The report by the Parlementaire Ondervragingscommissie Kinderopvangtoeslag (Parliamentary Interrogation Committee on Childcare Benefit) is harsh, but fair.


On all levels, throughout the entire political-administrative-legal system, mistakes have been made that have led to thousands of parents being wronged.


However the political responsibility ultimately lies with the incumbent cabinet and nowhere else.


In recent weeks and days, we have discussed the report at length several times within the cabinet.


The most important goal was to draw up a thorough and substantive reaction to the report.

A reaction that is aimed at ensuring that nothing like this can ever happen again.


Today, we have finalised this response together and as agreed, we will present it to the Lower House today.


The parents are entitled to it.


The government's reaction is, of course, about financial compensation for the parents affected - that is the first thing that must be properly regulated.


We will continue with that anyway.


Of course more is needed for the future, because things cannot and must not go so terribly wrong again.


That's why we need a whole new benefits system, starting with childcare benefits.


Signals that things are not going well somewhere must surface much quicker and lead to action much sooner.


The provision of information must also be fundamentally overhauled.


For example, from now on, the documents on which a cabinet decision is based will be made public and a list of decisions with explanatory notes will be published after each council of ministers.


The question of political responsibility was also raised today.


We are united: if the whole system has failed, responsibility can only be borne jointly.

And that has led to the conclusion that I have just presented the resignation of the entire Kabinet to the Koning, and I will go to the palace after this press conference to explain further to the Koning.


This means that the government is outgoing.


Eric Wiebes, as the former staatssecretaris van Financiën, has made the personal decision to resign and to step down as Minister of Economische Zaken en Klimaat with immediate effect.


He will explain this decision himself in a moment. It is his decision, which I respect.


With his creative mind, Eric Wiebes has often contributed to solving complicated issues.

We will miss him.


The question now is: what does the resignation of the cabinet mean in concrete terms?


The elections are scheduled for mid-March.


In the meantime, we can be expected to do what is necessary in the national interest.

Of course, we do this in close consultation with, and accountable to, parliament.


To the Netherlands, I would say:

our fight against the coronavirus continues.

Our work in the coming months will continue to focus on corona and on dealing with the economic and social consequences through all existing and announced aid packages.


To the parents affected by the childcare allowance affair, I would like to say this: we will continue to work towards rapid compensation and the improvements needed for the future.

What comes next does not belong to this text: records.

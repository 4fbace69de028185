-- ===== src/Handle/Fd/Lifecycle.antt =====
-- fd.py: making handles, and what invalidating one computes.
use rsyscall.Base.{
  ℕ, ◌≡◌, refl, Bool, true, false, ◌&&◌, List, [], ◌∷◌, Option, none, some, arith, ◌==◌,
  if◌then◌else◌, ◌⊎◌, inl, inr, Bool-cases, Option-cases, subst, sym, fun_ext,
}
use rsyscall.Handle.Fd.{
  Fds, Result, ok, err, os_error, put, without, is_empty, or_empty, drop, CloseResult, closed,
  hangup, failed, close_fd, close_last, invalidate, make_from_near, make_fd_handle, for_task,
  inherit_fd,
}
use rsyscall.Handle.Fd.Tracking.{
  Tracked, handles_at, track, untrack, track-Tracked, untrack-Tracked, remove_from_tracking-eq,
}

-- Two handles denote one file descriptor.
abbrev pub SameFd : Fds → ℕ → ℕ → Type 0
SameFd s g h = (s.fd_table (s.task g) ≡ s.fd_table (s.task h)) × (s.near g ≡ s.near h)

pub make_from_near-eq :
    (k n : ℕ) (s : Fds)
    → s.manipulating_fd_table k ≡ false
    → make_from_near k n s ≡ (ok s.next, track k n s)
unfolding make_from_near
make_from_near-eq k n s e = rw e

make_from_near-Tracked : (k n : ℕ) (s : Fds) → Tracked s → Tracked (make_from_near k n s).1
unfolding make_from_near
make_from_near-Tracked k n s w = elim (Bool-cases (s.manipulating_fd_table k)) [
  | inl e ↦ rw e w
  | inr e ↦ rw e (track-Tracked s w k n)
]

-- An operation that makes a handle leaves the state alone or makes a handle.
Making : Fds → Fds → ℕ → ℕ → Type 0
Making s s' k n = (s' ≡ s) ⊎ (s' ≡ (make_from_near k n s).1)

Making-Tracked : (s s' : Fds) (k n : ℕ) → Tracked s → Making s s' k n → Tracked s'
unfolding Making
Making-Tracked s s' k n w (inl e) = subst Tracked (sym e) w
Making-Tracked s s' k n w (inr e) = subst Tracked (sym e) (make_from_near-Tracked k n s w)

make_fd_handle-Making : (k n : ℕ) (s : Fds) → Making s (make_fd_handle k n s).1 k n
unfolding make_fd_handle Making
make_fd_handle-Making k n s = elim (Option-cases (s.near_to_handles (s.fd_table k) n)) [
  | inl e ↦ inr (rw (e, make_fd_handle) refl)
  | inr (l, e) ↦ inl (rw (e, make_fd_handle) refl)
]

for_task-Making : (h k : ℕ) (s : Fds) → Making s (for_task h k s).1 k (s.near h)
unfolding for_task Making
for_task-Making h k s = ground arith

inherit_fd-Making : (k h : ℕ) (s : Fds) → Making s (inherit_fd k h s).1 k (s.near h)
unfolding inherit_fd Making
inherit_fd-Making k h s = ground arith

-- Every way to make a handle keeps the handles tracked, whether it succeeds or raises.
pub making-Tracked :
    (k n h : ℕ) (s : Fds)
    → Tracked s
    → Tracked (make_fd_handle k n s).1 × Tracked (for_task h k s).1 × Tracked (inherit_fd k h s).1
making-Tracked k n h s w = (
  Making-Tracked s (make_fd_handle k n s).1 k n w (make_fd_handle-Making k n s),
  Making-Tracked s (for_task h k s).1 k (s.near h) w (for_task-Making h k s),
  Making-Tracked s (inherit_fd k h s).1 k (s.near h) w (inherit_fd-Making k h s),
)

close_fd_hangup :
    (t n : ℕ) (s : Fds)
    → s.near_to_handles t n ≡ none
    → close_fd hangup t n s ≡ (
      ok tt,
      record s {
        closes = (t, n) ∷ s.closes;
        near_to_handles = put s.near_to_handles t n (some []);
      },
    )
unfolding close_fd
close_fd_hangup t n s e = rw (e, close_fd) refl

pub put_self : (d : ℕ → ℕ → Option (List ℕ)) (t n : ℕ) (o : Option (List ℕ)) → put d t n o t n ≡ o
put_self d t n o = ground arith

put_twice :
    (d : ℕ → ℕ → Option (List ℕ)) (t n : ℕ) (o o' : Option (List ℕ))
    → put (put d t n o) t n o' ≡ put d t n o'
put_twice d t n o o' = fun_ext (λ t'. fun_ext (λ n'. ground arith))

-- A handle without others loses its entry in the table.
forget-Tracked :
    (s : Fds) (t n : ℕ) (v : Option (List ℕ)) (c : List (ℕ × ℕ))
    → handles_at s t n ≡ []
    → or_empty v ≡ []
    → Tracked s
    → Tracked (record s { near_to_handles = put s.near_to_handles t n v; closes = c })
forget-Tracked s t n v c e f w = record {
  own = w.own;
  global = λ h x. ground (arith, w.global h x);
  owned = w.owned;
  listed = λ t' n' h x. ground (arith, w.listed t' n' h);
  distinct = λ t' n'. elim (Bool-cases ((t' == t) && (n' == n))) [
    | inl x ↦ rw (x, f) tt
    | inr x ↦ rw x (w.distinct t' n')
  ];
  fresh = w.fresh;
}

-- What the last handle's close answers, and the entry that it leaves.
abbrev pub answer : CloseResult → Result Bool
answer closed = ok true
answer hangup = ok true
answer failed = err os_error

abbrev pub entry : CloseResult → Option (List ℕ)
entry closed = none
entry hangup = some []
entry failed = none

module _ (h : ℕ) (s : Fds) (w : Tracked s) (v : s.valid h ≡ true) where
  abbrev pub others : List ℕ
  others = without h (handles_at s (s.fd_table (s.task h)) (s.near h))

  pub drop-eq : drop h s ≡ (ok (is_empty others), untrack h s)
  unfolding drop
  drop-eq = rw (v, remove_from_tracking-eq s w h v)

  -- The state after the close system call was made.
  abbrev pub asked : Option (List ℕ) → Fds
  asked o = record (untrack h s) {
    near_to_handles = put (untrack h s).near_to_handles (s.fd_table (s.task h)) (s.near h) o;
    closes = (s.fd_table (s.task h), s.near h) ∷ s.closes;
  }

  close_last_hangup : close_last hangup h (untrack h s) ≡ (ok true, asked (some []))
  unfolding close_last
  close_last_hangup =
      rw
        (
          close_fd_hangup (s.fd_table (s.task h)) (s.near h)
              (record (untrack h s) {
                near_to_handles =
                    put (untrack h s).near_to_handles (s.fd_table (s.task h)) (s.near h) none;
              })
              (put_self (untrack h s).near_to_handles (s.fd_table (s.task h)) (s.near h) none),
          put_twice (untrack h s).near_to_handles (s.fd_table (s.task h)) (s.near h) none (some []),
        )
        refl

  close_last-eq :
      (result : CloseResult)
      → close_last result h (untrack h s) ≡ (answer result, asked (entry result))
  unfolding close_last close_fd
  close_last-eq closed = refl
  close_last-eq hangup = close_last_hangup
  close_last-eq failed = refl

  pub asked-Tracked : (o : Option (List ℕ)) → others ≡ [] → or_empty o ≡ [] → Tracked (asked o)
  asked-Tracked o e f =
      forget-Tracked (untrack h s) (s.fd_table (s.task h)) (s.near h) o
        ((s.fd_table (s.task h), s.near h) ∷ s.closes)
        (rw
          (put_self s.near_to_handles (s.fd_table (s.task h)) (s.near h)
            (some (without h (handles_at s (s.fd_table (s.task h)) (s.near h)))))
          e)
        f (untrack-Tracked s w h v)

  pub invalidate-eq :
      (result : CloseResult)
      → invalidate result h s ≡ (
          if is_empty others
          then (answer result, asked (entry result))
          else (ok false, untrack h s))
  unfolding invalidate
  invalidate-eq result = rw (drop-eq, sym (close_last-eq result)) refl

With today's decision, the Kabinet wants to do justice to all those parents to whom unprecedented injustice has been done.


Thank you very much."


The Toeslagenaffaire is a scandal in the Netherlands in which approximately 26,000 parents were unjustly suspected of childcare benefit fraud and/or became victims of a harsh fraud approach by the Tax and Customs Administration, from 2013 until at least 2019. This came to light in September 2018.